ECLI:NL:RBROT:2008:BG8228
Rechtbank Rotterdam
- Eerste aanleg - enkelvoudig
- Rechtspraak.nl
Nietige overeenkomst als gevolg van voorschriften van de Colportagewet met betrekking tot BKR-melding
In deze zaak, behandeld door de Rechtbank Rotterdam op 17 december 2008, betreft het een tussenvonnis in een civiele procedure tussen IDM Financieringen B.V. en twee gedaagden. De rechtbank heeft zich gebogen over de vraag of een overeenkomst nietig is op basis van de voorschriften van de Colportagewet. De eiseres, IDM Financieringen B.V., heeft een geldkrediet aangeboden aan de gedaagden, maar de rechtbank oordeelt dat de overeenkomst niet voldoet aan de vereisten van artikel 24 van de Colportagewet, die stelt dat een overeenkomst die het gevolg is van colportage op straffe van nietigheid moet voldoen aan bepaalde voorwaarden. De rechtbank heeft vastgesteld dat de overeenkomst nietig is omdat de noodzakelijke vermelding van de mogelijkheid tot ontbinding en het adres voor de mededeling niet is opgenomen.

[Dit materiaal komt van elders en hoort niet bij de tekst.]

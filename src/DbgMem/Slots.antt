-- ===== src/DbgMem/Slots.antt =====
-- The search for a free record in otelc_dbg_mem_alloc of src/dbg_malloc.cpp: the round robin over
-- the table finds one whenever there is one.
use opentelemetry_c_wrapper.Prelude.{
  ℕ, zero, suc, ◌+◌, ◌-◌, ◌%◌, ◌≤◌, ◌<◌, ◌≡◌, refl, sym, ◌∙◌, ◌⊎◌, inl, inr, Bool, true, false,
  arith, ltb, leb, Bool-cases, if◌then◌else◌, length, ltb→lt,
}
use opentelemetry_c_wrapper.DbgMem.{Mem, cell, scan, find_slot, used_size, word}

abbrev pub used_at : Mem → ℕ → Bool
used_at m i = (cell m.data_cells i).used

-- The record that the search looks at `t` rounds after the cursor.
wrap : ℕ → ℕ → ℕ → ℕ
wrap count r t = if ltb (r + t) count then r + t else r + t - count

wrap_next :
    (count r t : ℕ)
    → r ≤ count
    → suc t < count
    → wrap count (suc (if leb count r then 0 else r)) t ≡ wrap count r (suc t)
unfolding wrap
wrap_next count r t h b = ground arith

-- What the loop leaves after `fuel` rounds: a free record, or as many used records.
Scanned : Mem → ℕ → ℕ → ℕ → ℕ × ℕ → Type 0
Scanned m fuel idx r (j, c) =
    ((j < m.count) × (used_at m j ≡ false) × (c ≡ suc j))
    ⊎ ((j ≡ idx + fuel)
        × (c ≤ m.count)
        × ((t : ℕ) → t < fuel → used_at m (wrap m.count r t) ≡ true))

scan-Scanned :
    (m : Mem) (fuel idx r : ℕ)
    → 0 < m.count
    → r ≤ m.count
    → fuel ≤ m.count
    → Scanned m fuel idx r (scan fuel idx r m)
unfolding scan Scanned wrap
scan-Scanned m zero idx r n h b = inr (omega arith, h, λ t lt. absurd (omega arith))
scan-Scanned m (suc fuel) idx r n h b =
    let start = if leb m.count r then 0 else r in
    let in_range : start < m.count = ground arith in
    elim (Bool-cases (used_at m start)) [
      | inr free ↦ rw free (inl (in_range, free, refl))
      | inl taken ↦ rw taken (
          go (scan-Scanned m fuel (suc idx) (suc start) n (omega (arith, in_range)) (omega arith))
            taken)
    ]
  where
    first : wrap m.count r 0 ≡ (if leb m.count r then 0 else r)
    first = ground arith

    first_used :
        used_at m (if leb m.count r then 0 else r) ≡ true → used_at m (wrap m.count r 0) ≡ true
    first_used taken = rw first taken

    rounds :
        used_at m (if leb m.count r then 0 else r) ≡ true
        → ((t : ℕ)
            → t < fuel
            → used_at m (wrap m.count (suc (if leb m.count r then 0 else r)) t) ≡ true)
        → (t : ℕ) → t < suc fuel
        → used_at m (wrap m.count r t) ≡ true
    rounds taken f zero lt = first_used taken
    rounds taken f (suc t) lt = rw (← wrap_next m.count r t h (omega arith)) (f t (omega arith))

    go :
        Scanned m fuel
          (suc idx)
          (suc (if leb m.count r then 0 else r))
          (scan fuel (suc idx) (suc (if leb m.count r then 0 else r)) m)
        → used_at m (if leb m.count r then 0 else r) ≡ true
        → Scanned m (suc fuel) idx r (scan fuel (suc idx) (suc (if leb m.count r then 0 else r)) m)
    go (inl w) taken = inl w
    go (inr w) taken = inr (omega (arith, w.0), w.1, rounds taken w.2)

-- The round in which the search looks at a record.
round : ℕ → ℕ → ℕ → ℕ
round count r i = if leb r i then i - r else i + count - r

wrap-round :
    (count r i : ℕ)
    → r ≤ count
    → i < count
    → (round count r i < count) × (wrap count r (round count r i) ≡ i)
unfolding wrap round
wrap-round count r i h b = ground arith

-- A table is sound if its cursors lie in it, the records behind the high-water mark are not in
-- use, and the size is the sum of the sizes in use, in the 64 bits of the counter.
pub record IsSound (m : Mem) : Type 0 where
  pub filled : length m.data_cells ≡ m.count
  pub some_cell : 0 < m.count
  pub assigned_bound : m.assigned ≤ m.count
  pub reused_bound : m.reused ≤ m.count
  pub fresh : (i : ℕ) → m.assigned ≤ i → used_at m i ≡ false
  pub sized : m.size ≡ used_size m.data_cells % word

-- On a sound table the search of otelc_dbg_mem_alloc ends at a record that is not in use and below
-- the high-water mark, or at the index count, which means that every record is in use. It
-- leaves the table sound, with the same records, count and size.
pub find_slot-Finds :
    (m : Mem)
    → IsSound m
    → let (i, n) = find_slot m in
      (((i < m.count) × (used_at m i ≡ false) × (i < n.assigned))
        ⊎ ((i ≡ m.count) × ((j : ℕ) → used_at m j ≡ ltb j m.count)))
      × IsSound n
      × (n.data_cells ≡ m.data_cells)
      × (n.count ≡ m.count)
      × (n.size ≡ m.size)
unfolding find_slot Scanned
find_slot-Finds m w = elim (Bool-cases (ltb m.assigned m.count)) [
  | inl more ↦
      let lt = ltb→lt m.assigned m.count more in
      rw more (
        inl (lt, w.fresh m.assigned (omega arith), omega arith),
        record {
          filled = w.filled;
          some_cell = w.some_cell;
          assigned_bound = omega (arith, lt);
          reused_bound = w.reused_bound;
          fresh = λ i h. w.fresh i (omega (arith, h));
          sized = w.sized;
        },
        refl,
        refl,
        refl,
      )
  | inr full ↦
      let all : m.assigned ≡ m.count = ground (arith, w.assigned_bound) in
      rw full (
        go (scan m.count 0 m.reused m) all
          (scan-Scanned m m.count 0 m.reused w.some_cell w.reused_bound (omega arith)))
]
  where
    moved-IsSound : (c : ℕ) → c ≤ m.count → IsSound (record m { reused = c })
    moved-IsSound c h = record {
      filled = w.filled;
      some_cell = w.some_cell;
      assigned_bound = w.assigned_bound;
      reused_bound = h;
      fresh = w.fresh;
      sized = w.sized;
    }

    every :
        ((t : ℕ) → t < m.count → used_at m (wrap m.count m.reused t) ≡ true)
        → (j : ℕ) → j < m.count
        → used_at m j ≡ true
    every f j lt =
        let q = wrap-round m.count m.reused j w.reused_bound lt in
        rw (← q.1) (f (round m.count m.reused j) q.0)

    all_used :
        ((t : ℕ) → t < m.count → used_at m (wrap m.count m.reused t) ≡ true)
        → (j : ℕ) → used_at m j ≡ ltb j m.count
    all_used f j = elim (Bool-cases (ltb j m.count)) [
      | inl e ↦ every f j (ltb→lt j m.count e) ∙ sym e
      | inr e ↦ w.fresh j (ground (arith, e, w.assigned_bound)) ∙ sym e
    ]

    go :
        (r : ℕ × ℕ)
        → m.assigned ≡ m.count
        → Scanned m m.count 0 m.reused r
        → let n = record m { reused = r.1 } in
          (((r.0 < m.count) × (used_at m r.0 ≡ false) × (r.0 < n.assigned))
            ⊎ ((r.0 ≡ m.count) × ((j : ℕ) → used_at m j ≡ ltb j m.count)))
          × IsSound n
          × (n.data_cells ≡ m.data_cells)
          × (n.count ≡ m.count)
          × (n.size ≡ m.size)
    go (i, c) all (inl v) = (
      inl (v.0, v.1, omega (arith, v.0, all)),
      moved-IsSound c (omega (arith, v.0, v.2)),
      refl,
      refl,
      refl,
    )
    go (i, c) all (inr v) =
        (inr (omega (arith, v.0), all_used v.2), moved-IsSound c v.1, refl, refl, refl)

De rechtbank heeft partijen verzocht zich uit te laten over de gevolgen van de nietigheid van de overeenkomst, met name met betrekking tot de BKR-registratie. De rechtbank heeft de zaak aangehouden voor verdere conclusiewisseling, waarbij IDM in de gelegenheid wordt gesteld om een conclusie te nemen over de vordering in reconventie, waarna de gedaagden kunnen reageren. Dit tussenvonnis benadrukt de noodzaak voor kredietverstrekkers om zich te houden aan de wettelijke vereisten bij het aangaan van overeenkomsten, vooral in het kader van colportage.
De uitspraak is van belang voor de rechtsverhouding tussen partijen en de implicaties van de nietigheid van de overeenkomst voor de BKR-registratie. De rechtbank heeft alle overige beslissingen aangehouden in afwachting van de conclusiewisseling.